(Stored data)
- - - - - - -
-- ===== src/Dialog/Sequences.antt =====
-- What holds of a dialog after any sequence of calls, whatever the bank answers and whichever calls raise.
use geldstrom.Prelude.{
  ℕ, ◌+◌, ◌≤◌, ◌≡◌, ◌≢◌, refl, ◌∙◌, sym, ap, Bool, true, false, List, [], ◌∷◌, ◌++◌, some, String,
  str_eq, Outcome, ok, raised, arith, Bool-cases, inl, inr, eq_iff,
}
use geldstrom.Segments.{Segment, Segments}
use geldstrom.Responses.{Processed, process, message_number_of}
use geldstrom.Dialog.{Dialog, Connection, LinkRaise, receive, received, send_segments}
use geldstrom.Dialog.Envelope.{Auth, build_message, encrypt}
use geldstrom.Dialog.Session.{Request, run, run-keeps}
use geldstrom.Parameters.Versions.{update_all, update_all_newest}
use geldstrom.Dialog.Numbers.{plain_message-numbered}

-- The numbers of a list count up by one from the first number, and the second is the next.
pub Consecutive : ℕ → List ℕ → ℕ → Type 0
Consecutive n [] m = n ≡ m
Consecutive n (x ∷ xs) m = (x ≡ n) × Consecutive (n + 1) xs m

Consecutive-append :
    (n : ℕ) (xs : List ℕ) (m : ℕ) → Consecutive n xs m → Consecutive n (xs ++ m ∷ []) (m + 1)
unfolding Consecutive
Consecutive-append n [] m h = (sym h, ap (λ k. k + 1) h)
Consecutive-append n (x ∷ xs) m h = (h.0, Consecutive-append (n + 1) xs m h.1)

-- The number in the HNHBK of a message.
abbrev pub message_number_in : List Segment → ℕ
message_number_in [] = 0
message_number_in (s ∷ ss) = message_number_of (some s)

-- A connection with a record of the numbers of the messages that were answered.
abbrev pub logging_answer :
    {L : Type 0}
    → ℕ
    → List ℕ
    → Outcome LinkRaise Segments × L
    → Outcome LinkRaise Segments × (L × List ℕ)
logging_answer n log (ok raw, l) = (ok raw, (l, log ++ n ∷ []))
logging_answer n log (raised e, l) = (raised e, (l, log))

abbrev pub logging : Connection → Connection
logging c = record {
  Link = c.Link × List ℕ;
  exchange = λ m l. logging_answer (message_number_in m) l.1 (c.exchange m l.0);
}

build_message-number :
    (auths : List Auth) (encrypts : Bool) (dialog_id : String) (n : ℕ) (segments : List Segment)
    → message_number_in (build_message auths encrypts dialog_id n segments) ≡ n
unfolding build_message encrypt
build_message-number auths true dialog_id n segments =
    rw (plain_message-numbered auths dialog_id n segments) refl
build_message-number auths false dialog_id n segments =
    rw (plain_message-numbered auths dialog_id n segments) refl

-- What a sequence of calls does not undo: the message number does not fall, the dialog keeps an id that
-- the bank has given it, and the parameter data do not get older.
pub NotBehind : Dialog → Dialog → Type 0
NotBehind d d' =
    (d.message_number ≤ d'.message_number)
    × (d.dialog_id ≢ "0" → d'.dialog_id ≡ d.dialog_id)
    × (d.parameters.bpd.version ≤ d'.parameters.bpd.version)
    × (d.parameters.upd.version ≤ d'.parameters.upd.version)

receive-id :
    (d : Dialog) (p : Processed) → d.dialog_id ≢ "0" → (receive d p).dialog_id ≡ d.dialog_id
unfolding receive
receive-id d p set = elim (Bool-cases (str_eq d.dialog_id "0")) [
  | inl fresh ↦ absurd (set ((eq_iff _ _).0 fresh))
  | inr e ↦ simp e
]

receive-NotBehind : (d d' : Dialog) (p : Processed) → NotBehind d d' → NotBehind d (receive d' p)
unfolding NotBehind receive update_all
receive-NotBehind d d' p (n, i, b, u) =
    let (_, _, b', u', _) = update_all_newest d'.parameters (p ∷ []) in
    (
      omega arith,
      (λ set. receive-id d' p (λ e. set (sym (i set) ∙ e)) ∙ i set),
      omega arith,
      omega arith,
    )

module _ (c : Connection) (lower : String → String) where
  open c use {Link, exchange}

  received-NotBehind :
      (d d' : Dialog) (r : Outcome LinkRaise Segments × Link)
      → NotBehind d d'
      → NotBehind d (received c d' r).1
  unfolding received
  received-NotBehind d d' (raised e, l) h = h
  received-NotBehind d d' (ok raw, l) h = receive-NotBehind d d' (process raw) h

  -- After any sequence of calls of a dialog's methods, whatever the bank answers and whichever calls
  -- raise, the message number is not smaller, an id other than "0" is the same, and the versions of
  -- the bank's and the user's parameter data are not smaller.
  pub run-NotBehind :
      (rs : List Request) (d : Dialog) (l : Link) → NotBehind d (run c lower rs d l).0
  unfolding NotBehind send_segments
  run-NotBehind rs d l =
      run-keeps c lower (λ d' l'. NotBehind d d') (λ d' l' o i h k. k)
        (λ segments d' l' h. received-NotBehind d d' _ h) rs d l
        (omega arith, (λ set. refl), omega arith, omega arith)

  logged :
      (n : ℕ) (log : List ℕ) (d : Dialog) (r : Outcome LinkRaise Segments × Link)
      → Consecutive n log d.message_number
      → let s = received (logging c) d (logging_answer d.message_number log r) in
        Consecutive n s.2.1 s.1.message_number
  unfolding received receive
  logged n log d (raised e, l) h = h
  logged n log d (ok raw, l) h = Consecutive-append n log d.message_number h

  -- From an empty record of the numbers of answered messages, any sequence of calls leaves a record
  -- that counts up by one from the dialog's number at the start, with no gap and no number twice, and
  -- the dialog's number is then the next.
  pub run-Consecutive :
      (rs : List Request) (d : Dialog) (l : Link)
      → let r = run (logging c) lower rs d (l, []) in
        Consecutive d.message_number r.1.1 r.0.message_number
  unfolding Consecutive send_segments
  run-Consecutive rs d l =
      run-keeps (logging c) lower (λ d' l'. Consecutive d.message_number l'.1 d'.message_number)
        (λ d' l' o i h k. k)
        (λ segments d' (l', log) h.
          rw
            (build_message-number d'.auth_mechanisms d'.has_encryption d'.dialog_id
              d'.message_number segments)
            (logged d.message_number log d'
              (exchange
                (build_message d'.auth_mechanisms d'.has_encryption d'.dialog_id d'.message_number
                  segments)
                l')
              h))
        rs d (l, []) refl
- - - - - - -
Instructions for the task
Of the entries above, how many lines hold the word "unfolding"? Give back only that number.

Response area
8